[proofplan]
We write the reduced distance using the relation
\begin{align*}
l=\frac{L}{2\sqrt{\tau}}.
\end{align*}
Here $L$ is the minimizing $\mathcal L$-length from $(p,0)$ to $(q,\tau)$. At a smooth point reached by a minimizing $\mathcal L$-geodesic, Perelman's first variation identities give formulas for $\partial_\tau l$ and $|\nabla l|^2$, while the second variation along a trace family of space-time Jacobi fields gives the required upper bound for $\Delta l$. Combining these three identities cancels the auxiliary curvature integral exactly and yields the differential inequality. Across the $\mathcal L$-cut locus, the same calculation is applied to smooth upper support functions obtained by freezing a minimizing segment before the endpoint and appending a short terminal geodesic; letting the frozen time approach the endpoint gives the weak upper-barrier inequality.
[/proofplan]
[step:Declare the reduced length notation and the minimizing curve]

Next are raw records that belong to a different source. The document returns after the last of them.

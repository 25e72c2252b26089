-- ===== src/Store/Fragments.antt =====
-- What the operations on fragments of store/store.go promise to each other.
use genomedb.Base.{
  leb, ◌^◌, ℕ, ◌≡◌, ◌≢◌, sym, ap, ◌∙◌, false, none, some, List, arith, if◌then◌else◌, Bytes,
  bytes_eq, bytes_eq_iff, bytes_eq_refl, Entropy, ok, err, Result-cases, Bool-cases, inl, inr,
}
use genomedb.Base.Assoc.{lookup, insert, remove, lookup-insert, lookup-remove}
use genomedb.Crypto.Aead.{Gcm, encrypt, decrypt}
use genomedb.Crypto.Aead.Laws.{decrypt-encrypt}
use genomedb.Store.Tables.{Member, Codec, AreText, Fragment, FragmentRow, Store, not_found}
use genomedb.Store.{key_context, put_fragment, get_fragment, scan_fragment, delete_fragment}

pub bytes_eq-false : (s t : Bytes) → s ≢ t → bytes_eq s t ≡ false
bytes_eq-false s t h = elim (Bool-cases (bytes_eq s t)) [
  | inl same ↦ absurd (h ((bytes_eq_iff s t).0 same))
  | inr other ↦ other
]

module _ (gcm : Gcm) (codec : Codec) where
  abbrev pub row_of : Fragment → Bytes → ℕ → FragmentRow
  row_of f wrapped now = record {
    group_id = f.group_id;
    group_token = f.group_token;
    chain_id = f.chain_id;
    epoch = f.epoch;
    threshold = f.threshold;
    total = f.total;
    wrapped_key = wrapped;
    ciphertext = f.ciphertext;
    members_json = codec.marshal f.members;
    updated_at = now;
  }

  -- What a row reads as, once its key and its members are known.
  abbrev pub fragment_of : Bytes → FragmentRow → Bytes → List Member → Fragment
  fragment_of pid row key members = record {
    pid = pid;
    group_id = row.group_id;
    group_token = row.group_token;
    chain_id = row.chain_id;
    epoch = row.epoch;
    threshold = row.threshold;
    total = row.total;
    key = key;
    ciphertext = row.ciphertext;
    members = members;
    updated_at = row.updated_at;
  }

  module _ (e : Entropy) where
    pub put_fragment_lem :
        (f : Fragment) (now : ℕ) (s s' : Store) (src src' : e.Source)
        → put_fragment gcm codec e f now s src ≡ ok (s', src')
        → (wrapped : Bytes) × (encrypt gcm e s.storage_key f.key (key_context f.pid) src
            ≡ ok (wrapped, src'))
          × (s.closed ≡ false)
          × (s' ≡ record s { fragments = insert f.pid (row_of f wrapped now) s.fragments })
    unfolding put_fragment
    put_fragment_lem f now s s' src src' run =
        elim (Result-cases (encrypt gcm e s.storage_key f.key (key_context f.pid) src)) [
          | inl (failure, failed) ↦ cc (rw (put_fragment, failed) at run)
          | inr ((wrapped, next), sealed) ↦ elim (Bool-cases (leb (2 ^ 63) f.epoch)) [
            | inl large ↦ cc (rw (put_fragment, sealed, large) at run)
            | inr fits ↦ elim (Bool-cases s.closed) [
              | inl closed ↦ cc (rw (put_fragment, sealed, fits, closed) at run)
              | inr is_open ↦ (wrapped, ground arith, is_open, ground arith)
            ]
          ]
        ]

  scan_fragment_lem :
      (s : Store) (pid : Bytes) (row : FragmentRow) (key : Bytes) (members : List Member)
      → s.closed ≡ false
      → decrypt gcm s.storage_key row.wrapped_key (key_context pid) ≡ ok key
      → codec.unmarshal row.members_json ≡ some members
      → lookup pid s.fragments ≡ some row
      → get_fragment gcm codec pid s ≡ ok (fragment_of pid row key members)
  unfolding get_fragment scan_fragment
  scan_fragment_lem s pid row key members is_open opened parsed found =
      rw (get_fragment, found, scan_fragment, is_open, opened, parsed)

  module _ (e : Entropy) where
    -- A fragment that was put is got back under its pseudonym as it was, with its key, stamped with
    -- the time of the put, if its members hold text.
    pub get_fragment-put_fragment :
        (f : Fragment) (now : ℕ) (s s' : Store) (src src' : e.Source)
        → AreText codec f.members
        → put_fragment gcm codec e f now s src ≡ ok (s', src')
        → get_fragment gcm codec f.pid s' ≡ ok (record f { updated_at = now })
    get_fragment-put_fragment f now s s' src src' text run =
        let (wrapped, sealed, is_open, stored) = put_fragment_lem e f now s s' src src' run in
        ap (get_fragment gcm codec f.pid) stored
        ∙ scan_fragment_lem
            (record s { fragments = insert f.pid (row_of f wrapped now) s.fragments }) f.pid
            (row_of f wrapped now) f.key f.members is_open
            (decrypt-encrypt gcm e s.storage_key f.key (key_context f.pid) wrapped src src' sealed)
            (codec.unmarshal-marshal f.members text)
            (lookup-insert f.pid f.pid (row_of f wrapped now) s.fragments
              ∙ ap (λ c. if c then some (row_of f wrapped now) else lookup f.pid s.fragments)
                  (bytes_eq_refl f.pid))

  -- What is read under a pseudonym depends on the table's row, the key and the handle alone.
  get_fragment-same :
      (pid : Bytes) (s : Store) (rows : List (Bytes × FragmentRow))
      → lookup pid rows ≡ lookup pid s.fragments
      → get_fragment gcm codec pid (record s { fragments = rows }) ≡ get_fragment gcm codec pid s
  unfolding get_fragment scan_fragment
  get_fragment-same pid s rows same = rw (get_fragment, same, scan_fragment)

  get_fragment-missing :
      (pid : Bytes) (s : Store)
      → s.closed ≡ false
      → lookup pid s.fragments ≡ none
      → get_fragment gcm codec pid s ≡ err not_found
  unfolding get_fragment scan_fragment
  get_fragment-missing pid s is_open missing = rw (get_fragment, missing, scan_fragment, is_open)

  module _ (e : Entropy) where
    -- A put changes what is read under no pseudonym but its own.
    pub get_fragment-put_fragment_other :
        (f : Fragment) (pid : Bytes) (now : ℕ) (s s' : Store) (src src' : e.Source)
        → f.pid ≢ pid
        → put_fragment gcm codec e f now s src ≡ ok (s', src')
        → get_fragment gcm codec pid s' ≡ get_fragment gcm codec pid s
    get_fragment-put_fragment_other f pid now s s' src src' other run =
        let (wrapped, sealed, is_open, stored) = put_fragment_lem e f now s s' src src' run in
        ap (get_fragment gcm codec pid) stored
        ∙ get_fragment-same pid s (insert f.pid (row_of f wrapped now) s.fragments) (
            lookup-insert f.pid pid (row_of f wrapped now) s.fragments
            ∙ ap (λ c. if c then some (row_of f wrapped now) else lookup pid s.fragments)
                (bytes_eq-false f.pid pid other))

  delete_fragment_lem :
      (pid : Bytes) (s s' : Store)
      → delete_fragment gcm codec pid s ≡ ok s'
      → (s.closed ≡ false) × (s' ≡ record s { fragments = remove pid s.fragments })
  unfolding delete_fragment
  delete_fragment_lem pid s s' run = ground arith

  -- After a fragment is deleted, its pseudonym is not found, and every other one reads as before.
  pub get_fragment-delete_fragment :
      (pid j : Bytes) (s s' : Store)
      → delete_fragment gcm codec pid s ≡ ok s'
      → get_fragment gcm codec j s'
        ≡ (if bytes_eq pid j then err not_found else get_fragment gcm codec j s)
  get_fragment-delete_fragment pid j s s' run =
      let (is_open, removed) = delete_fragment_lem pid s s' run in
      let rows = remove pid s.fragments in
      ap (get_fragment gcm codec j) removed ∙ elim (Bool-cases (bytes_eq pid j)) [
        | inl this ↦
            get_fragment-missing j (record s { fragments = rows }) is_open
              (lookup-remove pid j s.fragments
                ∙ ap (λ c. if c then none else lookup j s.fragments) this)
            ∙ ap (λ c. if c then err not_found else get_fragment gcm codec j s) (sym this)
        | inr other ↦
            get_fragment-same j s rows (
              lookup-remove pid j s.fragments
              ∙ ap (λ c. if c then none else lookup j s.fragments) other)
            ∙ ap (λ c. if c then err not_found else get_fragment gcm codec j s) (sym other)
      ]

Let $L: M \times (0,t_0] \to \mathbb{R} \cup \{\infty\}$ denote the reduced length based at $(p,0)$, so that
\begin{align*}
l(x,\sigma)=\frac{L(x,\sigma)}{2\sqrt{\sigma}}
\end{align*}
for every $(x,\sigma) \in M \times (0,t_0]$ with $L(x,\sigma)<\infty$. Fix a point $(q,\tau)$ satisfying the hypotheses. Let
\begin{align*}
\gamma:[0,\tau] &\to M
\end{align*}
be a minimizing $\mathcal L$-geodesic from $p$ to $q$, with terminal velocity $X \in T_qM$ defined by $X:=\dot{\gamma}(\tau)$. For each $\varepsilon\in(0,\tau)$, write $\gamma_\varepsilon:=\gamma|_{[\varepsilon,\tau]}$. The curvature bound on compact subintervals makes the first and second variation formulae for $\mathcal L$ valid along $\gamma_\varepsilon$. We use the [reduced length endpoint variation and initial asymptotic estimates](/page/Reduced%20Distance) for complete backward Ricci flows with bounded curvature on compact positive-time subintervals. Applied to the fixed minimizing curve $\gamma$, this result supplies constants $C_0>0$ and $s_0\in(0,\tau)$ such that, for $0<s<s_0$, $\sqrt{s}\,|\dot\gamma(s)|_{g(s)}\leq C_0$, and every weighted curvature expression appearing in the first variation and traced second variation is bounded in absolute value by $C_0(1+s^{-1/2})$. These dominating functions belong to $L^1((0,s_0),\mathcal L^1)$, while all terms are bounded on $[s_0,\tau]$ by the curvature hypothesis on compact positive-time intervals. Hence the identities obtained on $[\varepsilon,\tau]$ pass to the limit by dominated convergence as $\varepsilon\downarrow0$.
[/step]
[step:Record the first variation identities at the smooth endpoint]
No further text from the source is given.